AIM OF THE TASK =>
I need the lines below from the one with "some (string t)" down to the one with "is_message (type_of fs) ≡ true" reproduced exactly, both ends included, and nothing else.
[Opening WORKING DATA section]
-- ===== src/Protocols/Messages/Transactions.antt =====
-- The bodies of src/mr_hide/protocols/messages/json_body.py with the transaction of
-- src/mr_hide/runtime/privacy.py as what transforms their texts.
use mr_hide.Privacy.Unicode.{Unicode}
use mr_hide.Runtime.Transaction.{Transaction}
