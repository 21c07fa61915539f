-- ===== src/Protocols/Messages/Examples.antt =====
-- The theorems about src/mr_hide/protocols/messages at one request.
use mr_hide.Protocols.Walk.{TextTransform}
use mr_hide.Prelude.{Text, ℕ, ◌+◌, ◌≤◌, ◌≡◌, refl, ◌↔◌, List, [], ◌∷◌, arith, text, text_eq}
use mr_hide.Errors.{Result, ok}
use mr_hide.Json.{
  Json, string, array, object, nil, cons, Fields, end, field, get_field, put_field, unique_onto,
  hooked,
}
use mr_hide.Policy.{default, to_provider, ContentKind}
use mr_hide.Protocols.Documents.{
  BodyLibrary, max_json_depth, document_hooks, validate_depth, checked_document, load_outer,
}
use mr_hide.Protocols.Contract.{Callback}
use mr_hide.Protocols.Messages.Blocks.{dialect}
use mr_hide.Protocols.Depth.{depth, validate_depth_iff}
use mr_hide.State.Store.{Bytes}
use mr_hide.Json.Postfix.{run, push, postfix}
use mr_hide.Runtime.Transaction.{Transaction, transaction}
use mr_hide.Fixtures.{alone}
use mr_hide.Privacy.Models.{DetectedSpan}

abbrev bodies : BodyLibrary
bodies = record {
  json = postfix;
  loads_text = postfix.loads;
  encode = λ t. ok t;
  decode = λ p. ok p;
}

abbrev question : Fields
unfolding text
question = field (text "system") (string (text "Be brief")) (
    field (text "messages")
      (array (
        cons
          (object (
            field (text "role") (string (text "user")) (
              field (text "content")
                (array (
                  cons
                    (object (
                      field (text "type") (string (text "text"))
                        (field (text "text") (string (text "I am Ada")) end)))
                    nil))
                end)))
          nil))
      end)

question_body : Bytes
question_body = push (object question) []

body_engine : Unit {0}
unfolding text text_eq run push hooked put_field get_field unique_onto load_outer checked_document
    validate_depth document_hooks question_body question
body_engine = tt

-- Every call puts a letter before the text, and is counted.
abbrev marked : TextTransform ℕ
marked t kind n = (n + 1, ok (b'x' ∷ t))

abbrev IsMarked : ContentKind → Text → Type 0
IsMarked kind t = (rest : Text) × (t ≡ b'x' ∷ rest)

abbrev marking : Callback ℕ
marking = record {
  transform = marked;
  course = record { Reached = λ s. 3 ≤ s; Step = λ a b. a ≤ b };
  steps = record {
    stays = λ s. omega arith;
    goes_on = λ a b c first second. omega (arith, first, second);
    leads_on = λ a b reached moved. omega (arith, reached, moved);
  };
  Good = IsMarked;
  released = λ t kind n reached. (omega arith, (t, refl));
}

validate_depth_iff_example :
    (validate_depth dialect (object question) 0 ≡ ok tt)
    ↔ (depth (object question) ≤ max_json_depth)
validate_depth_iff_example = validate_depth_iff dialect (object question)

-- a list of blocks, of which one is a document with a list of blocks in it
abbrev quoted : Json
unfolding text
quoted = array (
    cons
      (object (
        field (text "type") (string (text "document")) (
          field (text "source")
            (object (
              field (text "type") (string (text "content")) (
                field (text "content")
                  (array (
                    cons
                      (object (
                        field (text "type") (string (text "text"))
                          (field (text "text") (string (text "I am Ada")) end)))
                      nil))
                  end)))
            end)))
      nil)

abbrev opening : Transaction
opening = transaction alone default to_provider 600

abbrev no_names : Text → Result (List DetectedSpan)
no_names t = ok []

abbrev no_ipv6 : ℕ → Text
no_ipv6 n = []
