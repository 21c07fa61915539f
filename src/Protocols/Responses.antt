-- ===== src/Protocols/Responses.antt =====
-- src/mr_hide/protocols/responses: the bodies of the OpenAI Responses API.
pub mod Items
pub mod JsonBody
pub mod Released
pub mod Rules
pub mod Parts
pub mod Calls
pub mod Reasoning
pub mod Kinds
pub mod Asked
pub mod Requests
pub mod Transactions
mod Examples
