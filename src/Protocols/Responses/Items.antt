-- ===== src/Protocols/Responses/Items.antt =====
-- The items of src/mr_hide/protocols/responses/json_body.py. An object that is changed in place is the
-- new one.
use mr_hide.Protocols.Walk.{Walk, ◌>>=◌, ◌>>◌, lift, pure, raise, each, object_or, TextTransform}
use mr_hide.Prelude.{ltb, if◌then◌else◌, length, Text, Bool, true, false, ◌&&◌, ◌||◌, [], text}
use mr_hide.Errors.{
  json_size_invalid, content_invalid, item_invalid, tool_output_invalid, tool_arguments_invalid,
  Error, responses, malformed, Result, err, ok, raise_if,
}
use mr_hide.Json.{Json, null, string, array, object, Fields, has_field, put_field, get_or_null}
use mr_hide.Policy.{ContentKind, conversation, tool_definition, tool_argument, tool_result}
use mr_hide.Protocols.Documents.{
  Dialect, BodyLibrary, max_json_bytes, object_of, string_of, is_typed, document_hooks,
  checked_document, dump,
}
use mr_hide.Protocols.Tree.{call_transform, transform_tree, required_string, optional_string}

-- `ResponsesTransformError`
abbrev pub is_responses : Error → Bool
is_responses (responses r) = true
is_responses e = false

abbrev pub dialect : Dialect
dialect = record { fail = responses; is_own = is_responses }

-- `value in {…}`, which raises `TypeError` for a list and for a dictionary
abbrev pub hashable : Json → Result Json
hashable (array vs) = err malformed
hashable (object fs) = err malformed
hashable v = ok v

abbrev pub is_null : Json → Bool
is_null null = true
is_null v = false

-- `value is not None and not isinstance(value, str)`
abbrev pub is_untyped : Json → Bool
is_untyped null = false
is_untyped (string t) = false
is_untyped v = true

abbrev pub is_empty_string : Json → Bool
is_empty_string (string []) = true
is_empty_string v = false

unfoldable pub is_text_part : Json → Bool
unfolding text
is_text_part v =
    is_typed (text "output_text") v
    || (is_typed (text "summary_text") v || is_typed (text "reasoning_text") v)

module _ {S : Type 0} (l : BodyLibrary) (transform : TextTransform S) where
  abbrev pub required : Text → ContentKind → Fields → Walk S Fields
  required key kind fs = required_string dialect transform key kind fs

  -- `_transform_optional_string`
  abbrev pub optional : Text → ContentKind → Fields → Walk S Fields
  optional key kind fs = optional_string dialect transform key kind fs

  -- `_apply` to the text under a key
  abbrev pub apply_at : Text → Text → ContentKind → Fields → Walk S Fields
  apply_at key t kind fs = do
    u ← call_transform dialect transform t kind
    pure (put_field key (string u) fs)

  -- `_transform_recursive`
  abbrev pub recursive : Bool → ContentKind → Json → Walk S Json
  recursive keys kind v = transform_tree dialect transform keys kind v

  unfoldable pub transform_inner_json_field : Text → ContentKind → Fields → Walk S Fields
  transform_inner_json_field key kind fs = do
    value ← lift (string_of (responses tool_arguments_invalid) (get_or_null key fs))
    encoded ← lift (l.encode value)
    lift (raise_if (ltb max_json_bytes (length encoded)) (responses json_size_invalid))
    inner ← lift (
        checked_document dialect tool_arguments_invalid
          (l.loads_text (document_hooks dialect) value))
    done ← recursive true kind (object inner)
    payload ← lift (dump dialect l done)
    rewritten ← lift (l.decode payload)
    pure (put_field key (string rewritten) fs)

  -- the value under the key
  unfoldable pub output_value_of : Text → ContentKind → Json → Fields → Walk S Fields
  output_value_of key kind (string t) fs = apply_at key t kind fs
  output_value_of key kind (array vs) fs = do
    done ← recursive false kind (array vs)
    pure (put_field key done fs)
  output_value_of key kind v fs = raise (responses tool_output_invalid)

  unfoldable pub transform_output_value : Text → ContentKind → Fields → Walk S Fields
  transform_output_value key kind fs = output_value_of key kind (get_or_null key fs) fs

  -- a part whose type has been looked up
  unfoldable pub part_of_type : Bool → ContentKind → Json → Fields → Walk S Fields
  unfolding text
  part_of_type has_input kind part_type part =
      if has_input && is_typed (text "input_text") part_type || is_text_part part_type
      then required (text "text") kind part
      else if is_typed (text "refusal") part_type
      then required (text "refusal") kind part
      else pure part

  -- a part of a content or of an event; the first argument says whether `input_text` is a type
  unfoldable pub transform_part : Bool → ContentKind → Fields → Walk S Fields
  unfolding text
  transform_part has_input kind part = do
    part_type ← lift (hashable (get_or_null (text "type") part))
    part_of_type has_input kind part_type part

  -- the value of `content`
  unfoldable pub content_value : ContentKind → Json → Fields → Walk S Fields
  unfolding text
  content_value kind (string t) fs = apply_at (text "content") t kind fs
  content_value kind (array parts) fs = do
    done ← each (object_or (responses content_invalid) (transform_part true kind)) parts
    pure (put_field (text "content") (array done) fs)
  content_value kind v fs = raise (responses content_invalid)

  unfoldable pub transform_content : ContentKind → Fields → Walk S Fields
  unfolding text
  transform_content kind fs = content_value kind (get_or_null (text "content") fs) fs

  -- the body of the inner loop of `_transform_reasoning`
  unfoldable pub reasoning_part : Json → Walk S Json
  unfolding text
  reasoning_part (object part) = do
    part_type ← lift (hashable (get_or_null (text "type") part))
    done ←
        (if is_typed (text "summary_text") part_type || is_typed (text "reasoning_text") part_type
          then required (text "text") conversation part
          else pure part)
    pure (object done)
  reasoning_part v = pure v

  -- the body of its outer loop
  unfoldable pub reasoning_parts : Text → Json → Fields → Walk S Fields
  reasoning_parts key null fs = pure fs
  reasoning_parts key (array parts) fs = do
    done ← each reasoning_part parts
    pure (put_field key (array done) fs)
  reasoning_parts key v fs = raise (responses content_invalid)

  unfoldable pub reasoning_field : Text → Fields → Walk S Fields
  reasoning_field key fs = reasoning_parts key (get_or_null key fs) fs

  unfoldable pub transform_reasoning : Fields → Walk S Fields
  unfolding text
  transform_reasoning fs = do
    summarised ← reasoning_field (text "summary") fs
    reasoning_field (text "content") summarised

  -- a call of a function or of a tool, with `allow_incomplete`
  unfoldable pub transform_call : Bool → Fields → Walk S Fields
  unfolding text
  transform_call incomplete fs = do
    done ←
        (if incomplete && is_empty_string (get_or_null (text "arguments") fs)
          then pure fs
          else transform_inner_json_field (text "arguments") tool_argument fs)
    optional (text "name") tool_definition done

  unfoldable pub transform_custom_call : Fields → Walk S Fields
  unfolding text
  transform_custom_call fs = do
    done ← required (text "input") tool_argument fs
    optional (text "name") tool_definition done

  -- an item whose type has been looked up
  unfoldable pub item_of_type : Bool → Json → Fields → Walk S Fields
  unfolding text
  item_of_type incomplete item_type fs =
      if (is_null item_type || is_typed (text "message") item_type) && has_field (text "content") fs
      then transform_content conversation fs
      else if is_typed (text "function_call_output") item_type
      then transform_output_value (text "output") tool_result fs
      else if is_typed (text "function_call") item_type || is_typed (text "mcp_call") item_type
      then transform_call incomplete fs
      else if is_typed (text "custom_tool_call") item_type
      then transform_custom_call fs
      else if is_typed (text "reasoning") item_type
      then transform_reasoning fs
      else if is_untyped item_type
      then raise (responses item_invalid)
      else pure fs

  -- `_transform_item`, the first argument is `allow_incomplete`
  unfoldable pub transform_item : Bool → Json → Walk S Json
  unfolding text
  transform_item incomplete value = do
    fs ← lift (object_of (responses item_invalid) value)
    item_type ← lift (hashable (get_or_null (text "type") fs))
    done ← item_of_type incomplete item_type fs
    pure (object done)
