-- ===== src/Protocols/Responses/Released.antt =====
-- What the items of a body are after src/mr_hide/protocols/responses/json_body.py: where their texts
-- stand, and what kind of content each is.
use mr_hide.Prelude.{Text, ◌≡◌, ◌⊎◌, Bool, true, false, ◌&&◌, ◌||◌, some, [], text}
use mr_hide.Errors.{malformed, err, ok}
use mr_hide.Json.{
  Json, null, string, array, object, Items, Fields, get_field, has_field, get_or_null,
}
use mr_hide.Policy.{ContentKind, conversation, tool_definition, tool_argument, tool_result}
use mr_hide.Protocols.Documents.{BodyLibrary, object_of, is_typed, dump}
use mr_hide.Protocols.Contract.{EveryItem}
use mr_hide.Protocols.Released.{TreeReleased}
use mr_hide.Protocols.Strings.{type_of, FieldReleased, OptionalReleased}
use mr_hide.Protocols.Responses.Items.{dialect, is_null, is_text_part}
use mr_hide.State.Store.{Bytes}

-- The types of a part that has a text, of a message, and of a call; and the types of the items that
-- are not messages.
unfoldable pub is_text : Bool → Json → Bool
unfolding text
is_text has_input v = has_input && is_typed (text "input_text") v || is_text_part v

unfoldable pub is_message : Json → Bool
unfolding text
is_message v = is_null v || is_typed (text "message") v

unfoldable pub is_call : Json → Bool
unfolding text
is_call v = is_typed (text "function_call") v || is_typed (text "mcp_call") v

unfoldable pub is_known : Json → Bool
unfolding text is_call
is_known v =
    is_typed (text "function_call_output") v
    || (is_call v || (is_typed (text "custom_tool_call") v || is_typed (text "reasoning") v))

module _ (l : BodyLibrary) (P : ContentKind → Text → Type 0) where
  -- A part of a content: a text, a refusal, or another part.
  pub data Part : Bool → ContentKind → Fields → Type 0 where
    text_part :
        {has_input : Bool} {kind : ContentKind} {fs : Fields}
        → is_text has_input (type_of fs) ≡ true
        → FieldReleased P (text "text") kind fs
        → Part has_input kind fs
    refusal_part :
        {has_input : Bool} {kind : ContentKind} {fs : Fields}
        → is_typed (text "refusal") (type_of fs) ≡ true
        → FieldReleased P (text "refusal") kind fs
        → Part has_input kind fs
    other_part :
        {has_input : Bool} {kind : ContentKind} {fs : Fields}
        → is_text has_input (type_of fs) ≡ false
        → is_typed (text "refusal") (type_of fs) ≡ false
        → Part has_input kind fs

  abbrev pub PartReleased : Bool → ContentKind → Json → Type 0
  PartReleased has_input kind v = (fs : Fields) × (v ≡ object fs) × Part has_input kind fs

  pub data ContentReleased : ContentKind → Json → Type 0 where
    content_text : {kind : ContentKind} {t : Text} → P kind t → ContentReleased kind (string t)
    content_parts :
        {kind : ContentKind} {vs : Items}
        → EveryItem (PartReleased true kind) vs
        → ContentReleased kind (array vs)

  -- The output of a function: a text, or a value all of whose texts are good.
  pub data OutputReleased : Json → Type 0 where
    output_text : {t : Text} → P tool_result t → OutputReleased (string t)
    output_tree : {v : Json} → TreeReleased P false tool_result v → OutputReleased v

  -- The text of an object all of whose keys and texts are good.
  abbrev pub InnerReleased : ContentKind → Text → Type 0
  InnerReleased kind t =
      (v : Json) × (payload : Bytes) × TreeReleased P true kind v
      × (dump dialect l v ≡ ok payload)
      × (l.decode payload ≡ ok t)

  -- A part of a reasoning: one of its texts, or anything else.
  abbrev pub ReasoningPart : Json → Type 0
  ReasoningPart v =
      (object_of malformed v ≡ err malformed)
      ⊎ ((fs : Fields) × (v ≡ object fs)
          × ((is_typed (text "summary_text") (type_of fs)
                  || is_typed (text "reasoning_text") (type_of fs))
                ≡ false
              ⊎ FieldReleased P (text "text") conversation fs))

  pub data ReasoningReleased : Json → Type 0 where
    no_reasoning : ReasoningReleased null
    reasoning_list : {vs : Items} → EveryItem ReasoningPart vs → ReasoningReleased (array vs)

  -- The arguments of a call: the text of such an object; the first ones of a stream can be empty.
  pub data Arguments : Bool → Fields → Type 0 where
    arguments_text :
        {incomplete : Bool} {fs : Fields} {t : Text}
        → get_field (text "arguments") fs ≡ some (string t)
        → InnerReleased tool_argument t
        → Arguments incomplete fs
    no_arguments : {fs : Fields} → get_or_null (text "arguments") fs ≡ string [] → Arguments true fs

  -- An item of each type, with what stands in it.
  pub data Item : Bool → Fields → Type 0 where
    message_item :
        {incomplete : Bool} {fs : Fields} {v : Json}
        → is_message (type_of fs) ≡ true
        → get_field (text "content") fs ≡ some v
        → ContentReleased conversation v
        → Item incomplete fs
    output_item :
        {incomplete : Bool} {fs : Fields} {v : Json}
        → is_typed (text "function_call_output") (type_of fs) ≡ true
        → get_field (text "output") fs ≡ some v
        → OutputReleased v
        → Item incomplete fs
    call_item :
        {incomplete : Bool} {fs : Fields}
        → is_call (type_of fs) ≡ true
        → Arguments incomplete fs
        → OptionalReleased P (text "name") tool_definition fs
        → Item incomplete fs
    custom_item :
        {incomplete : Bool} {fs : Fields}
        → is_typed (text "custom_tool_call") (type_of fs) ≡ true
        → FieldReleased P (text "input") tool_argument fs
        → OptionalReleased P (text "name") tool_definition fs
        → Item incomplete fs
    reasoning_item :
        {incomplete : Bool} {fs : Fields}
        → is_typed (text "reasoning") (type_of fs) ≡ true
        → ReasoningReleased (get_or_null (text "summary") fs)
        → ReasoningReleased (get_or_null (text "content") fs)
        → Item incomplete fs
    other_item :
        {incomplete : Bool} {fs : Fields}
        → (is_message (type_of fs) && has_field (text "content") fs) ≡ false
        → is_known (type_of fs) ≡ false
        → Item incomplete fs

  abbrev pub ItemReleased : Bool → Json → Type 0
  ItemReleased incomplete v = (fs : Fields) × (v ≡ object fs) × Item incomplete fs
[Closing WORKING DATA section]
ANSWER TO THIS TASK =>
        → get_field (text "arguments") fs ≡ some (string t)
        → InnerReleased tool_argument t
        → Arguments incomplete fs
    no_arguments : {fs : Fields} → get_or_null (text "arguments") fs ≡ string [] → Arguments true fs

  -- An item of each type, with what stands in it.
  pub data Item : Bool → Fields → Type 0 where
    message_item :
        {incomplete : Bool} {fs : Fields} {v : Json}
        → is_message (type_of fs) ≡ true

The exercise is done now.